- The problem
Wherever the string "numbered" shows up in the material below, copy that line.

### Exercise data ###

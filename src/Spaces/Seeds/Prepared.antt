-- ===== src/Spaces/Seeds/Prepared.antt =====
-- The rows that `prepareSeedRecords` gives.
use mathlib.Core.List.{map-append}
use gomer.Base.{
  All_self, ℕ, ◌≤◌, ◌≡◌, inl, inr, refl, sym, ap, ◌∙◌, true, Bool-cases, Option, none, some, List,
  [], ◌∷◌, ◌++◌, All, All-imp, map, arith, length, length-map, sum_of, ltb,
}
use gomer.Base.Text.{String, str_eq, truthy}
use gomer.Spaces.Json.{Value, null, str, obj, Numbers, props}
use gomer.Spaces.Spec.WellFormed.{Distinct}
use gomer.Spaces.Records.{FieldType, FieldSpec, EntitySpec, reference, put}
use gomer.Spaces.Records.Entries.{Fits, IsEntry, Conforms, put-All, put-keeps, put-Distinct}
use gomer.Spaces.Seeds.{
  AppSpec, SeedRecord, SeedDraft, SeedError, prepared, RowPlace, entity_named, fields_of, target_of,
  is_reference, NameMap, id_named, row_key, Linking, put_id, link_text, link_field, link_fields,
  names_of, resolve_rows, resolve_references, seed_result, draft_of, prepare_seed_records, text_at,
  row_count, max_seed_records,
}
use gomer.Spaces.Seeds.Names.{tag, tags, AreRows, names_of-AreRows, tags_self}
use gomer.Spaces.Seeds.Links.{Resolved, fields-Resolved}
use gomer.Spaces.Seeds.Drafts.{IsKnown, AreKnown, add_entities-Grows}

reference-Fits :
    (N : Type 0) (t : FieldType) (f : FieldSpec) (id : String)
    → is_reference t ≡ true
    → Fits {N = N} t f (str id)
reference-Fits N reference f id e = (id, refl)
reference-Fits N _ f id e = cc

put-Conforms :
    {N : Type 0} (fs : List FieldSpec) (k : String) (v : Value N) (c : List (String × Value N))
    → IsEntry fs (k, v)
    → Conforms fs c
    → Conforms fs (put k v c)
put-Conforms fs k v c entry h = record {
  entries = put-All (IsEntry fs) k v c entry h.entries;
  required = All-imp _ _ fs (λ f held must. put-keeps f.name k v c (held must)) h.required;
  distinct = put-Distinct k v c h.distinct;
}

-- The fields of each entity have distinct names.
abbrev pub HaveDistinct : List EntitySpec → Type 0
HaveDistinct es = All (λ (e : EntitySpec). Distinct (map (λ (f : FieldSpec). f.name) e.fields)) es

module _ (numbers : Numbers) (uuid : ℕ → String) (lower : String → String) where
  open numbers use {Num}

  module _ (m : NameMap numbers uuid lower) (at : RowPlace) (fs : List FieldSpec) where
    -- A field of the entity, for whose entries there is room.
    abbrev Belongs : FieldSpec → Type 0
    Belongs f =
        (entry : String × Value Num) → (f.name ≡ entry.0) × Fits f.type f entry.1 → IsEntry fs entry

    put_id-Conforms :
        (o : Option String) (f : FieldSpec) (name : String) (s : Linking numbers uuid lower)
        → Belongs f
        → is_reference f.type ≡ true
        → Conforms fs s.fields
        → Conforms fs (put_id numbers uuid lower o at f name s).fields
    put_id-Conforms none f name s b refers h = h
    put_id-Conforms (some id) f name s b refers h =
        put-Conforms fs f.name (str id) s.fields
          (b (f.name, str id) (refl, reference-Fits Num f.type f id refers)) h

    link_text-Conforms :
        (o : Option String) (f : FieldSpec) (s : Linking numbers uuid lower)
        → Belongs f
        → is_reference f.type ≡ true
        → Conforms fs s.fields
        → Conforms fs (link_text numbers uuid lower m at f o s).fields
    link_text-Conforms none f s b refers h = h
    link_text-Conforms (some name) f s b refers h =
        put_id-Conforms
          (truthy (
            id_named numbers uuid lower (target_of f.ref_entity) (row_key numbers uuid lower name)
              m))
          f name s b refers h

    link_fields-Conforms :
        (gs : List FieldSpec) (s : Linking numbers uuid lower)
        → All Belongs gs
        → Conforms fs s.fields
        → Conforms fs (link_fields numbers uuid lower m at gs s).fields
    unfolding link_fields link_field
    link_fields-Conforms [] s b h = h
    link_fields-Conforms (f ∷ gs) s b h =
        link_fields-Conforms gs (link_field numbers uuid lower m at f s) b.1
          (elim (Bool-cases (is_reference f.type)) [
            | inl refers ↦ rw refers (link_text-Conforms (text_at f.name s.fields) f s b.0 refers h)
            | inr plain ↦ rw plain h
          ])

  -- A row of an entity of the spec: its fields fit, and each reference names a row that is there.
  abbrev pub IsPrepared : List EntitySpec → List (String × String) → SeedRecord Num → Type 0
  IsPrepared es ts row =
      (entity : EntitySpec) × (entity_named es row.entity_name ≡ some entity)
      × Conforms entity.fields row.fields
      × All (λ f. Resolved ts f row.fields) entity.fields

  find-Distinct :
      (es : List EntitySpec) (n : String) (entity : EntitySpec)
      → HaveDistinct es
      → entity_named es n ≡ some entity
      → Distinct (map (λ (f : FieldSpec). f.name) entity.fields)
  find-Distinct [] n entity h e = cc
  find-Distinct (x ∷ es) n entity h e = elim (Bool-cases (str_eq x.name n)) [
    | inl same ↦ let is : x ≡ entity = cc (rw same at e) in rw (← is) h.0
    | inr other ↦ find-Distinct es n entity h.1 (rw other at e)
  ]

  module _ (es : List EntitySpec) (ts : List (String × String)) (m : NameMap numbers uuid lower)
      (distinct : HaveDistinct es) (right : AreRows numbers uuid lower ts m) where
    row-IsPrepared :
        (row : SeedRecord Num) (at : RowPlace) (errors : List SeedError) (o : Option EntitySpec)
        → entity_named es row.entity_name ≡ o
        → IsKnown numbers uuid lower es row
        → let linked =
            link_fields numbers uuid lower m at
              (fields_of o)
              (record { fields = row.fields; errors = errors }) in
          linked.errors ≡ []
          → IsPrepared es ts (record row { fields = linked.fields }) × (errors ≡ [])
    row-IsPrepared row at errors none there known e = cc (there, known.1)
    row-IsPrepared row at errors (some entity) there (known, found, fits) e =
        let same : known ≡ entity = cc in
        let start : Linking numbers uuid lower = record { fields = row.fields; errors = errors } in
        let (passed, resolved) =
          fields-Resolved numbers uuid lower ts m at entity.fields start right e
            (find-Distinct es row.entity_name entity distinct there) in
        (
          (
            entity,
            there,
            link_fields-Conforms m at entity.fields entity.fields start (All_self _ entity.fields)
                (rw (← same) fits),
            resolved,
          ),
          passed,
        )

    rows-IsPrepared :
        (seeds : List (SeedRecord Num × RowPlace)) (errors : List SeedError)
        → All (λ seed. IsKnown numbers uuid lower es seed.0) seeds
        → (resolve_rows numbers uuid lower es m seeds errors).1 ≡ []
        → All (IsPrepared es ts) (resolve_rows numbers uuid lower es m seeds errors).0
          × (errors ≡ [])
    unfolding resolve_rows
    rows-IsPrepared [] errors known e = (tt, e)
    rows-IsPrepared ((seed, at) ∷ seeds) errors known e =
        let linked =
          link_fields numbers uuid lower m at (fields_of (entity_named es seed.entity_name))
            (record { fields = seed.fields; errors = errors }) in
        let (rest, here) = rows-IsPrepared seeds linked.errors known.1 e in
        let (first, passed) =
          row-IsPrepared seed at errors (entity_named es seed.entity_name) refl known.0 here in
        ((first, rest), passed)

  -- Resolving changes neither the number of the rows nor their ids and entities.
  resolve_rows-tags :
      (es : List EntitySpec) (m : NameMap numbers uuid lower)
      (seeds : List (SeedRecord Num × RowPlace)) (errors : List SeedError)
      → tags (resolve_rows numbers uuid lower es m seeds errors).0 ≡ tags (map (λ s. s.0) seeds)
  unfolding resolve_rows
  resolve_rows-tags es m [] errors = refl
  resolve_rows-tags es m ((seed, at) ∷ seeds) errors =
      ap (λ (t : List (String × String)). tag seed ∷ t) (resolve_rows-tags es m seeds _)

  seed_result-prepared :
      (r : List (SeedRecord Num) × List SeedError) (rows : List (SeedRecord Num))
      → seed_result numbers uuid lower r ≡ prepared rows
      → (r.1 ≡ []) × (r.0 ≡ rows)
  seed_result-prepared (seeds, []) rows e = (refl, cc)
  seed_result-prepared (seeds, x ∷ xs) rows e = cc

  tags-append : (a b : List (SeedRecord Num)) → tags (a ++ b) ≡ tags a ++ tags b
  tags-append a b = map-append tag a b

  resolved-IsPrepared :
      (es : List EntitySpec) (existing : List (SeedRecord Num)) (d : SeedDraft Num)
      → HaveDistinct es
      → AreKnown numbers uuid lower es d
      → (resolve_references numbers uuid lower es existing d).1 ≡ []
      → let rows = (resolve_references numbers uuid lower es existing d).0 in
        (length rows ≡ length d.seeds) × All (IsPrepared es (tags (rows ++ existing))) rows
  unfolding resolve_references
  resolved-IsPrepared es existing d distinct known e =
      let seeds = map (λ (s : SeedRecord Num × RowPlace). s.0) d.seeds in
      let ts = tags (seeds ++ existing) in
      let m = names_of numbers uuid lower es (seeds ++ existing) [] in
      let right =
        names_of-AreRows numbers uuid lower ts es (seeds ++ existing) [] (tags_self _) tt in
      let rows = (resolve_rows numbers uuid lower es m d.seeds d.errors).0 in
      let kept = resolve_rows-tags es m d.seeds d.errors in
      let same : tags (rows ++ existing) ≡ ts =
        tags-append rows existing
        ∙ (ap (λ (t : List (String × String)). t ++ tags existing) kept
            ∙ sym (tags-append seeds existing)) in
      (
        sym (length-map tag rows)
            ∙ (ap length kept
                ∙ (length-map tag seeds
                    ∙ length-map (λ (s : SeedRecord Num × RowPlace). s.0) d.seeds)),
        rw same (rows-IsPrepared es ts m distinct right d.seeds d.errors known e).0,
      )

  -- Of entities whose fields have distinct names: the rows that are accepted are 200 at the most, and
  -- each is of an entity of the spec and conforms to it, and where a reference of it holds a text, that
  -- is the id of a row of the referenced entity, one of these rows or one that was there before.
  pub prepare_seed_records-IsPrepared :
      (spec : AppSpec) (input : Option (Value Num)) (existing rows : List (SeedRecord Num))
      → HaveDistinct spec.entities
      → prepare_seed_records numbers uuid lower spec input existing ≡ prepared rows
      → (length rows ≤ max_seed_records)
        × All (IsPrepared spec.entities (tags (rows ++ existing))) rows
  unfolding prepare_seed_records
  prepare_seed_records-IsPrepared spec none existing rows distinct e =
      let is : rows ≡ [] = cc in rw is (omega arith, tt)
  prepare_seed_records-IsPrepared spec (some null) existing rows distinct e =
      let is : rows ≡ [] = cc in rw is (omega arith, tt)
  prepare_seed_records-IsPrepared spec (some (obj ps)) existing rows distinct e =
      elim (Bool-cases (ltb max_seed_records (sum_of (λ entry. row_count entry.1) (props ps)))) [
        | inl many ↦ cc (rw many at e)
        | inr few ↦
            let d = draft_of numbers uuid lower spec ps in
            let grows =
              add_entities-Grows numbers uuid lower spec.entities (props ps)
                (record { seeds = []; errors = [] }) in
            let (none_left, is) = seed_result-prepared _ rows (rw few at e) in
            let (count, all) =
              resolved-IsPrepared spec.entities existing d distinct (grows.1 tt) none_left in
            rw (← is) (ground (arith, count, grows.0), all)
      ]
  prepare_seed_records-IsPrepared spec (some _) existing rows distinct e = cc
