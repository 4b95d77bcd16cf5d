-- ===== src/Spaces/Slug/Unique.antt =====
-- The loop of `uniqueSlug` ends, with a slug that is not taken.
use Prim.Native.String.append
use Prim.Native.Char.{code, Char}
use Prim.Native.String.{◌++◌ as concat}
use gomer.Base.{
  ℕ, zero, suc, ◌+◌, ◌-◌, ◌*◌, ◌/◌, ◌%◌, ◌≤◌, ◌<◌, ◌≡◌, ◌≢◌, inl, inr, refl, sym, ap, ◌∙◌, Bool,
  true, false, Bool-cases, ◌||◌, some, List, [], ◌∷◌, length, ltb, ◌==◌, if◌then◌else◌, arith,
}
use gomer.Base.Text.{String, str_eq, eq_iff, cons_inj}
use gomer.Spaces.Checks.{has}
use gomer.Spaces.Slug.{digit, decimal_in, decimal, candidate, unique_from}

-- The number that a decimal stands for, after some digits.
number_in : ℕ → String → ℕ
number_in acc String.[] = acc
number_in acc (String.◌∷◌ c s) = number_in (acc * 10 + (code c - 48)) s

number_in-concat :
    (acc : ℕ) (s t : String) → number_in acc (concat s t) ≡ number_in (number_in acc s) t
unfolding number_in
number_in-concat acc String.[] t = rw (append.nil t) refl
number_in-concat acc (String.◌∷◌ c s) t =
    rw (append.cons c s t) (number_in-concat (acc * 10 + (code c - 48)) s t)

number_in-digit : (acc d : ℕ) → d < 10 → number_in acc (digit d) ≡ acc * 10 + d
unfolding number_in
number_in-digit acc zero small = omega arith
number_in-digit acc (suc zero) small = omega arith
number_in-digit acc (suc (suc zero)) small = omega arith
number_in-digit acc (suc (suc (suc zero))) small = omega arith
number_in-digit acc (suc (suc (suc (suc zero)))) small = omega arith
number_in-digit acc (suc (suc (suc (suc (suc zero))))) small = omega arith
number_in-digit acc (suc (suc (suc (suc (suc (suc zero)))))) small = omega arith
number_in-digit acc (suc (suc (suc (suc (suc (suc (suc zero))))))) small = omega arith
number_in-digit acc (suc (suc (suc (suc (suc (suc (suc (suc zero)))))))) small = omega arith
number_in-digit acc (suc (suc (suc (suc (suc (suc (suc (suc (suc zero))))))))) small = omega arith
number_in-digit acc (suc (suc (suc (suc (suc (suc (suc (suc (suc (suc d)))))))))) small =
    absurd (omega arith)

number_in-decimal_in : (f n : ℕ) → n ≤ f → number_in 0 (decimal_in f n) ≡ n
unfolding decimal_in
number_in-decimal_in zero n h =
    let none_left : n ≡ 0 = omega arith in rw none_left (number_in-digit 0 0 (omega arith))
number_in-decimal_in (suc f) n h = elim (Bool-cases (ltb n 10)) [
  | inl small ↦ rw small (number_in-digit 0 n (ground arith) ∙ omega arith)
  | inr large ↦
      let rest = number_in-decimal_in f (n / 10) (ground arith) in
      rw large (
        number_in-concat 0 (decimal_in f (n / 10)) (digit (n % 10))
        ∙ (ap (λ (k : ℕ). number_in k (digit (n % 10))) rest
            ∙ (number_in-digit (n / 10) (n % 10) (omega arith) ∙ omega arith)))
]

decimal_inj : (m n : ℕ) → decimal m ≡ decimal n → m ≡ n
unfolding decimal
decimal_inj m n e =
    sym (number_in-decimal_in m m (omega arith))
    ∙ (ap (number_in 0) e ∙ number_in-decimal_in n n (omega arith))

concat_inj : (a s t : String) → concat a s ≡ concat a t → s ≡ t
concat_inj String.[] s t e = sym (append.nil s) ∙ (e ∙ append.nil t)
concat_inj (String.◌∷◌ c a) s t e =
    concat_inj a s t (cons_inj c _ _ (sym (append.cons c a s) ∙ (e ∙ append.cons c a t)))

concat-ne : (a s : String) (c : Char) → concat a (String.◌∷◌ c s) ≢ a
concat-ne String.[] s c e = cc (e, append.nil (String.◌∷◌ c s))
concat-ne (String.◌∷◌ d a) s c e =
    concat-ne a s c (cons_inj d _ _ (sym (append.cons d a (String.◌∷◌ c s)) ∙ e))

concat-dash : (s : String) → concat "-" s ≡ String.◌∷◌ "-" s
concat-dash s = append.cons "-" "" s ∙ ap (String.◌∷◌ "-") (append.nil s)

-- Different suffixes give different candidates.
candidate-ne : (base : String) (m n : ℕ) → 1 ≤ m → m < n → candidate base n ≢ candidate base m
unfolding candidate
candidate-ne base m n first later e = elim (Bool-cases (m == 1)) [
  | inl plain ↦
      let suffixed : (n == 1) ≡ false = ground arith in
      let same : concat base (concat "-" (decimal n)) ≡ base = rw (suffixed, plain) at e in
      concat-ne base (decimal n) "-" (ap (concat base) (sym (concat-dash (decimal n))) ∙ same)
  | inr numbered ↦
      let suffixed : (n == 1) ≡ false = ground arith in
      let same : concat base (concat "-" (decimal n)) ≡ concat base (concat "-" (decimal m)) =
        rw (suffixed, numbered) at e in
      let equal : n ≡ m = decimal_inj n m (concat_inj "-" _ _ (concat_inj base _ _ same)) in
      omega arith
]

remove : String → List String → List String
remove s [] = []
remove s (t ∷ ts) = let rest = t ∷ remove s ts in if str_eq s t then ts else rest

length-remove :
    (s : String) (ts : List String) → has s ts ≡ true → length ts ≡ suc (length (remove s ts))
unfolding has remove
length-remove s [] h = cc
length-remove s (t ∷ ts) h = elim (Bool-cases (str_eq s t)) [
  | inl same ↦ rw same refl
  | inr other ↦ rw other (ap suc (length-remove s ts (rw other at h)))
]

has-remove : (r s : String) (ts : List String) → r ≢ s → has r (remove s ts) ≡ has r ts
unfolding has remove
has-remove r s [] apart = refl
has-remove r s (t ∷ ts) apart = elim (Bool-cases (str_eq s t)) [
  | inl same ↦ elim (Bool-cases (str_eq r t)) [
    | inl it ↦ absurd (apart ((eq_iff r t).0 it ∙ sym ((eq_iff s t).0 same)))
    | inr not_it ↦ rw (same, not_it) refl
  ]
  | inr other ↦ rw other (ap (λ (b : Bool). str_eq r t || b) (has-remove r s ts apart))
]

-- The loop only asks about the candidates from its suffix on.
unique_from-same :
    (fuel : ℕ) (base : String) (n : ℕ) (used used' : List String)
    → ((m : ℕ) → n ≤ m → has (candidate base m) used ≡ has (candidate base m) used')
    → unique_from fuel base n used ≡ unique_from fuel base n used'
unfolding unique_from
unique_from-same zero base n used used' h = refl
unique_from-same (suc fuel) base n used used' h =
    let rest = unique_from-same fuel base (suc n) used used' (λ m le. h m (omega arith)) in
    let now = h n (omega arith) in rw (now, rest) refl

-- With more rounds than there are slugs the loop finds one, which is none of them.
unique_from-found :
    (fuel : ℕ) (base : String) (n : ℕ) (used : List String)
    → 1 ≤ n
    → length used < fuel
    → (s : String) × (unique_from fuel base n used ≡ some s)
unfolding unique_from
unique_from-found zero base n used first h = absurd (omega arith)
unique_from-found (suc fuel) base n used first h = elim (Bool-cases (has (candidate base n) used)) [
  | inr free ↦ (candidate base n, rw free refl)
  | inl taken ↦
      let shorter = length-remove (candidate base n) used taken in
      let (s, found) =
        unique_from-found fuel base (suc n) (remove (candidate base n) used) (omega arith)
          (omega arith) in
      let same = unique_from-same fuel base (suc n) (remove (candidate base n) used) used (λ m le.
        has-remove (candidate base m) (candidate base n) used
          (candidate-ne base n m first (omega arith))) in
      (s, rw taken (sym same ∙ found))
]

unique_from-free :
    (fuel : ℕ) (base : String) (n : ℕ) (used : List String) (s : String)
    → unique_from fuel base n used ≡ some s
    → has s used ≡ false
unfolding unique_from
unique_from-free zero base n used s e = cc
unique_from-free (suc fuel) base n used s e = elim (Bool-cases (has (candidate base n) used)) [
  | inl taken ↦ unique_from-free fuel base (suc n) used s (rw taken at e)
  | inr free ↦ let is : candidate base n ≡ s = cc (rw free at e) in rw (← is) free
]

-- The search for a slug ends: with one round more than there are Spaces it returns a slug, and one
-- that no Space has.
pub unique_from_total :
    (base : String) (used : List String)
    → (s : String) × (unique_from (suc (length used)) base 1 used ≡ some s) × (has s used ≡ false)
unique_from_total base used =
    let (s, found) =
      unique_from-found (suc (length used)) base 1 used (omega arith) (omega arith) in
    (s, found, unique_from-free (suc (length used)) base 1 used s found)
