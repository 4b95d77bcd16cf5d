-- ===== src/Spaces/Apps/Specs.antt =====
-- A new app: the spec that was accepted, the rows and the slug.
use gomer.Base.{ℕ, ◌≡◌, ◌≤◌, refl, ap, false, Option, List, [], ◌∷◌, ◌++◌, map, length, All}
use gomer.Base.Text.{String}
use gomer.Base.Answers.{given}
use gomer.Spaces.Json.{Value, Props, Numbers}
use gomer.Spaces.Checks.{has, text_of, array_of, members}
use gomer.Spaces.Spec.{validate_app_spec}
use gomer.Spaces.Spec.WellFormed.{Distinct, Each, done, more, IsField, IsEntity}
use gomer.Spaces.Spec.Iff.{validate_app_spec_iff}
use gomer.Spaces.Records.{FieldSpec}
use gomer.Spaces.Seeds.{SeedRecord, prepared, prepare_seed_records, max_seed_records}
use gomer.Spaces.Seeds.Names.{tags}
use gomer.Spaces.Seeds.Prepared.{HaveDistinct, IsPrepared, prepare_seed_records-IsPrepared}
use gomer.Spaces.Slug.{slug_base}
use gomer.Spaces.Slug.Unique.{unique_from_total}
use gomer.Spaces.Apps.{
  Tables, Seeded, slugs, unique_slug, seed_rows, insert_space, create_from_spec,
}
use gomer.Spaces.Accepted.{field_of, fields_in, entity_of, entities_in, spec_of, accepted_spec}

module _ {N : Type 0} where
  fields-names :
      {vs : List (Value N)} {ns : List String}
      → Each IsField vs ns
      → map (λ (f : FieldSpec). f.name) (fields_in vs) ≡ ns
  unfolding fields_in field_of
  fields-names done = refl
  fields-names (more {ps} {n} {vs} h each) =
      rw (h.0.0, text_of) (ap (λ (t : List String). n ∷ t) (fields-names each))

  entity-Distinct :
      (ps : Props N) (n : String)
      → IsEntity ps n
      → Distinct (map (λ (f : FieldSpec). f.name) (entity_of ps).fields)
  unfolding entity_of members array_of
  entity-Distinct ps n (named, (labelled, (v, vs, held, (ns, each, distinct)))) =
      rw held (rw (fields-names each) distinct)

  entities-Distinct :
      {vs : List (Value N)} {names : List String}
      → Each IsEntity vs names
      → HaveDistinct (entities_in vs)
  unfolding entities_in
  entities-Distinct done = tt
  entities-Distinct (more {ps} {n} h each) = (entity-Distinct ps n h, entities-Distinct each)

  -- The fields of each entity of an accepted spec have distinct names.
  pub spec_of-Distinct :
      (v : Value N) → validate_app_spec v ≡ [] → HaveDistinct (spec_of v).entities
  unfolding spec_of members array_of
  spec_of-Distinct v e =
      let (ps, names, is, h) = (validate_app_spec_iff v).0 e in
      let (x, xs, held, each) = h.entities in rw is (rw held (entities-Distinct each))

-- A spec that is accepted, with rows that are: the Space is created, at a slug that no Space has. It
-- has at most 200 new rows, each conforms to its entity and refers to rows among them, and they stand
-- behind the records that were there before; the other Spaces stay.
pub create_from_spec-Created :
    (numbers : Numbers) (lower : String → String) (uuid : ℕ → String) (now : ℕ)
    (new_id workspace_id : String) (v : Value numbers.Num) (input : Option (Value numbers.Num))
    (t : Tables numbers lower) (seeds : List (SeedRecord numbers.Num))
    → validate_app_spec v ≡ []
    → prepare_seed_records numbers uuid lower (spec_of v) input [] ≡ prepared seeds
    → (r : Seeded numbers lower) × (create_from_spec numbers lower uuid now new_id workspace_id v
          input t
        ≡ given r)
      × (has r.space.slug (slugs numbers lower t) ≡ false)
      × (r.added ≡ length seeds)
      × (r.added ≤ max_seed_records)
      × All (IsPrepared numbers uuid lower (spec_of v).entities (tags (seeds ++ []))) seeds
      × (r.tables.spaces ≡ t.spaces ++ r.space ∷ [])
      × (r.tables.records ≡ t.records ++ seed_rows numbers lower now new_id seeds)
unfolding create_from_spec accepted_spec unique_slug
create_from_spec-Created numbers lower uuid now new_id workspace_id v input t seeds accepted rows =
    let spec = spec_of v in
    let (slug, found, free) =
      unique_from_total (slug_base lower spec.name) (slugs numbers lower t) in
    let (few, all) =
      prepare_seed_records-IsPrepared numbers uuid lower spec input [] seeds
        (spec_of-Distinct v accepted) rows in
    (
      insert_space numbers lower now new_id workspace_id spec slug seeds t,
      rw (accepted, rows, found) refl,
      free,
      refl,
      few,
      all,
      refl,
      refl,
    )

###

- Response area
  | inr numbered ↦
        rw (suffixed, numbered) at e in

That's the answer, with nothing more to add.